What you are asked to do: When you reach the line in the listing below that contains "i (text i)))", begin returning lines exactly as written, and stop after the line that contains "-- In a round". Return no other lines.

Input for this task:
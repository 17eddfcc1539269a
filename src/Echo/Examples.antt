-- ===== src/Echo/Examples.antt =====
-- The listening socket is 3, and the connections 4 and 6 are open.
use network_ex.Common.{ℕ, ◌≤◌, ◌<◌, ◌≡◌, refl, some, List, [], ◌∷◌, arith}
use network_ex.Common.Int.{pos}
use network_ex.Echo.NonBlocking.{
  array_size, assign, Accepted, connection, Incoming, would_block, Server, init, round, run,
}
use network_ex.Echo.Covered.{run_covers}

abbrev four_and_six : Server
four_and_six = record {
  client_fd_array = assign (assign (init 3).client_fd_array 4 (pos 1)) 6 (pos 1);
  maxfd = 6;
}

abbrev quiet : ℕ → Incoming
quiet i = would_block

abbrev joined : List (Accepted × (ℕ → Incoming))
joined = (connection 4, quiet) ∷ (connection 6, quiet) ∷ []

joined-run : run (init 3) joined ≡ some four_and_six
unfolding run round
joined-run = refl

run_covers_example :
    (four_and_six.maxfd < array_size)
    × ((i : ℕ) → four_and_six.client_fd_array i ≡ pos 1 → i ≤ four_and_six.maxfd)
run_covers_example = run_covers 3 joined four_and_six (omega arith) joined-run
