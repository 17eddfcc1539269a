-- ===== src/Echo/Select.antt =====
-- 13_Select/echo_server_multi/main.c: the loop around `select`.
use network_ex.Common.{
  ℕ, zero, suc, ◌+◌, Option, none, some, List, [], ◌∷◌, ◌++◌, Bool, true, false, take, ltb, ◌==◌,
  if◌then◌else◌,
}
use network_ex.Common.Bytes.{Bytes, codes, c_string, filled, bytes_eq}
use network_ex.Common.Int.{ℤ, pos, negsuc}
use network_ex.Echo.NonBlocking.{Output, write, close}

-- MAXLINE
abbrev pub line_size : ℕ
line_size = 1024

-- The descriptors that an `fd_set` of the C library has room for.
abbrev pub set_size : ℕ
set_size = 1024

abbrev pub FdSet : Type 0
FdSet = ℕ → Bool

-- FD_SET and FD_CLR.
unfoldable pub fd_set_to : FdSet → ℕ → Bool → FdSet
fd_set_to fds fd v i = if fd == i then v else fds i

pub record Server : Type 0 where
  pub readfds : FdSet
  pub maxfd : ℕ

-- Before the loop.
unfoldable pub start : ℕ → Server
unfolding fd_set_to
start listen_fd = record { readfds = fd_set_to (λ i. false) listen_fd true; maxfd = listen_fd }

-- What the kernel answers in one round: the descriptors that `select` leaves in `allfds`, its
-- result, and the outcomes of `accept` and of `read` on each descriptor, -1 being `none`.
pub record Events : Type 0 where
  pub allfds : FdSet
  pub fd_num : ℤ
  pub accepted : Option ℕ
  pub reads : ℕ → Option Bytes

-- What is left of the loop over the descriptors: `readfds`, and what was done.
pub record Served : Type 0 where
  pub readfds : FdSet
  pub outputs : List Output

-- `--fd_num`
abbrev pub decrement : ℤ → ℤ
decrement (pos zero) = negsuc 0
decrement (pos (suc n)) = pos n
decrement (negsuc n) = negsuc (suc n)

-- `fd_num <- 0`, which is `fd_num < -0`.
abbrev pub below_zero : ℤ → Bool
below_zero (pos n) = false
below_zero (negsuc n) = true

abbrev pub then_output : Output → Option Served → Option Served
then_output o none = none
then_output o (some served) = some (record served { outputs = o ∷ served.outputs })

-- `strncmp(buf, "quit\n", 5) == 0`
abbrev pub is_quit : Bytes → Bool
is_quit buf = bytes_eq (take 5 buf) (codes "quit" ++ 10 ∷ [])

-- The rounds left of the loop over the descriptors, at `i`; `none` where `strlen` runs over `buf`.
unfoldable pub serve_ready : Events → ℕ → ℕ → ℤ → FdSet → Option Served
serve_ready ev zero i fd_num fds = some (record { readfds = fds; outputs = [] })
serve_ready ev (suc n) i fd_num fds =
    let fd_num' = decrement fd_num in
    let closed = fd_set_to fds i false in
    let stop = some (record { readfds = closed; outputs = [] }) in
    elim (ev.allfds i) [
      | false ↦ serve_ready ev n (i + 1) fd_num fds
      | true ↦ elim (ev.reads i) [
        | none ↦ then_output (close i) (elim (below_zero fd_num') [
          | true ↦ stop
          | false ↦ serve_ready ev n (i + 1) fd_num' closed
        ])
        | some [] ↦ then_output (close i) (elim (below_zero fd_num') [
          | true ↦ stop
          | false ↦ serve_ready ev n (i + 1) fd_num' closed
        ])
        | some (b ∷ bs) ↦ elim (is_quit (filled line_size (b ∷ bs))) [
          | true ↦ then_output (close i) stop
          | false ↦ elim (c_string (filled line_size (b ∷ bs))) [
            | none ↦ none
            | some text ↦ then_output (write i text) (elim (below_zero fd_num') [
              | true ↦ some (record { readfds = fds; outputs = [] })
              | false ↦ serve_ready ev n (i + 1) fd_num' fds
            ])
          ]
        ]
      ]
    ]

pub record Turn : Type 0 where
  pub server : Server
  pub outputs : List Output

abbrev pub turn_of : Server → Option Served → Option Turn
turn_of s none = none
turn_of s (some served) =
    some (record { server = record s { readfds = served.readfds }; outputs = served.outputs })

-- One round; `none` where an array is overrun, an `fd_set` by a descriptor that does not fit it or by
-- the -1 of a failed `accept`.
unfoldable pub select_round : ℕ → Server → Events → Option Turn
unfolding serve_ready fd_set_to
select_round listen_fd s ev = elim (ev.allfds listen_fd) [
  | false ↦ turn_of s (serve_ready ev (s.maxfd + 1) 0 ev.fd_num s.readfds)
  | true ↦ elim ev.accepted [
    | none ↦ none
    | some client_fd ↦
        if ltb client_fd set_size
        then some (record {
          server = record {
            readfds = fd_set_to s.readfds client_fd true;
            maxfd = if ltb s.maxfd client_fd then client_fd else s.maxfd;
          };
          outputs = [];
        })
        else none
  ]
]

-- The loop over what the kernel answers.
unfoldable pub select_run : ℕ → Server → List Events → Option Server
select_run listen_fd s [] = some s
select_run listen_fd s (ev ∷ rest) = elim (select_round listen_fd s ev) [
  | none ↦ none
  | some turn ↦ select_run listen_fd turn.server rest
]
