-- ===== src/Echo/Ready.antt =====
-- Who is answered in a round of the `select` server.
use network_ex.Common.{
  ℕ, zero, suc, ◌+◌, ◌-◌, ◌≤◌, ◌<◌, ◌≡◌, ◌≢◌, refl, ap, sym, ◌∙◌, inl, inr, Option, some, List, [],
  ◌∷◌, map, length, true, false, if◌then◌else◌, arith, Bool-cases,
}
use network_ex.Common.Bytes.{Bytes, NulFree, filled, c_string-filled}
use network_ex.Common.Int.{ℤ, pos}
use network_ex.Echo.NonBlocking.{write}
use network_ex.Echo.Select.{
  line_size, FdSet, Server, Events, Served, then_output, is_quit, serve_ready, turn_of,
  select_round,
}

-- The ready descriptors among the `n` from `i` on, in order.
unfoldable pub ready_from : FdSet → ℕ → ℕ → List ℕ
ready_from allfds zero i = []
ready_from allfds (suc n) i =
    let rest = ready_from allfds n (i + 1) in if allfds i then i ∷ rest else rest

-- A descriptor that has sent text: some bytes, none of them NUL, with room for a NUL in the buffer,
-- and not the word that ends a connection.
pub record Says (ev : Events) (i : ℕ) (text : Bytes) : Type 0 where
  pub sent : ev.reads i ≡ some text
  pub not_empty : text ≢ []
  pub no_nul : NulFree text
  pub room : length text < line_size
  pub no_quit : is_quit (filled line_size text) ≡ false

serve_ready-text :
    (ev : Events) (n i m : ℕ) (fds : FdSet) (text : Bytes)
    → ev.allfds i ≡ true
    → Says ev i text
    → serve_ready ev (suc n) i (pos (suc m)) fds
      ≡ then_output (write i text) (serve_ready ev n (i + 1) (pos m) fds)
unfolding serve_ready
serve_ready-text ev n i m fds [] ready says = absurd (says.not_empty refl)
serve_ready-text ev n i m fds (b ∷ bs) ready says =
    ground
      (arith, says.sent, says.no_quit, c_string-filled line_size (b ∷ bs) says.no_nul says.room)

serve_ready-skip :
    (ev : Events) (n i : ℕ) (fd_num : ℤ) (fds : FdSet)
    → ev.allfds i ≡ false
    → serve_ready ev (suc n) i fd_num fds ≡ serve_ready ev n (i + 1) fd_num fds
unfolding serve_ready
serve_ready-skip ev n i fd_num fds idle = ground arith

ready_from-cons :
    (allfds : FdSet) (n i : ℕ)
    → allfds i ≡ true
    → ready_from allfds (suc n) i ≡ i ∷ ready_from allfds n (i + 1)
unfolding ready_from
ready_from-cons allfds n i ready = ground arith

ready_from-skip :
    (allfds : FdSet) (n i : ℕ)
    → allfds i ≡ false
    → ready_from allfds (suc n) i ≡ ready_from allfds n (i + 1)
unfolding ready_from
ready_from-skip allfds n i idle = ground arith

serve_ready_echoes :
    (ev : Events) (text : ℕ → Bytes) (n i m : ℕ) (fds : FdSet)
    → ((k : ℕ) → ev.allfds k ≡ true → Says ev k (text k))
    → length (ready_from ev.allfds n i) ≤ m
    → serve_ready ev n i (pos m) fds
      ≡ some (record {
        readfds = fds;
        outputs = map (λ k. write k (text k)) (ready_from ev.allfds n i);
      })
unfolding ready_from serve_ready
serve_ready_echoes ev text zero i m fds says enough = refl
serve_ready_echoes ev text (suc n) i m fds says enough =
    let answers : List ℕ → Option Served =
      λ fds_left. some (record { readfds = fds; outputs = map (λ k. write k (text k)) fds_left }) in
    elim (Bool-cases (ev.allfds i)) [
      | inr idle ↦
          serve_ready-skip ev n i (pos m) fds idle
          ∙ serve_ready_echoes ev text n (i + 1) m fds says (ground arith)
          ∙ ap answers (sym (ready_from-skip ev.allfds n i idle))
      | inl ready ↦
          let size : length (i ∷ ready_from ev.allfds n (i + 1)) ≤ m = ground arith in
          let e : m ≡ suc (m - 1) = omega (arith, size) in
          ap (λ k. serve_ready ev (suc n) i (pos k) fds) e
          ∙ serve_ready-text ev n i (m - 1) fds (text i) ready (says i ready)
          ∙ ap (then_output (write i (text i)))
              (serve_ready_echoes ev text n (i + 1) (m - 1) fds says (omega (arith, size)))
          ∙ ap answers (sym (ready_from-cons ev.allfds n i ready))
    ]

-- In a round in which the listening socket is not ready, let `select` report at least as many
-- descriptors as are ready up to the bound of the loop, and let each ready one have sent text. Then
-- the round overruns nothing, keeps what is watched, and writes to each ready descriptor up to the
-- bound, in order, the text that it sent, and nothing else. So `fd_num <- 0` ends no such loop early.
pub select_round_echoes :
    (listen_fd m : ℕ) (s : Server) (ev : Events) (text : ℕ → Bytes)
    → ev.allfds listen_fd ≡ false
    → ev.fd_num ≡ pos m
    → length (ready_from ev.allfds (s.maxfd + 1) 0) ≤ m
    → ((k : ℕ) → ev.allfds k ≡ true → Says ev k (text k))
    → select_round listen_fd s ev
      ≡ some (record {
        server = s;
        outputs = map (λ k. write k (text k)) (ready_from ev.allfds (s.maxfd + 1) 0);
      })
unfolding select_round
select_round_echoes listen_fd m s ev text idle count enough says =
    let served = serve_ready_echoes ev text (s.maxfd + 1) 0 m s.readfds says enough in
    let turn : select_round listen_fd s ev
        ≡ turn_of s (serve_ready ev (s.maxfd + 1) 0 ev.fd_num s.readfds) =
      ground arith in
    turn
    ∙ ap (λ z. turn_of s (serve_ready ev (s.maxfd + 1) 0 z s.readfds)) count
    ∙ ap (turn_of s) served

Exercise response:
          ∙ ap (then_output (write i (text i)))
              (serve_ready_echoes ev text n (i + 1) (m - 1) fds says (omega (arith, size)))
          ∙ ap answers (sym (ready_from-cons ev.allfds n i ready))
    ]

-- In a round in which the listening socket is not ready, let `select` report at least as many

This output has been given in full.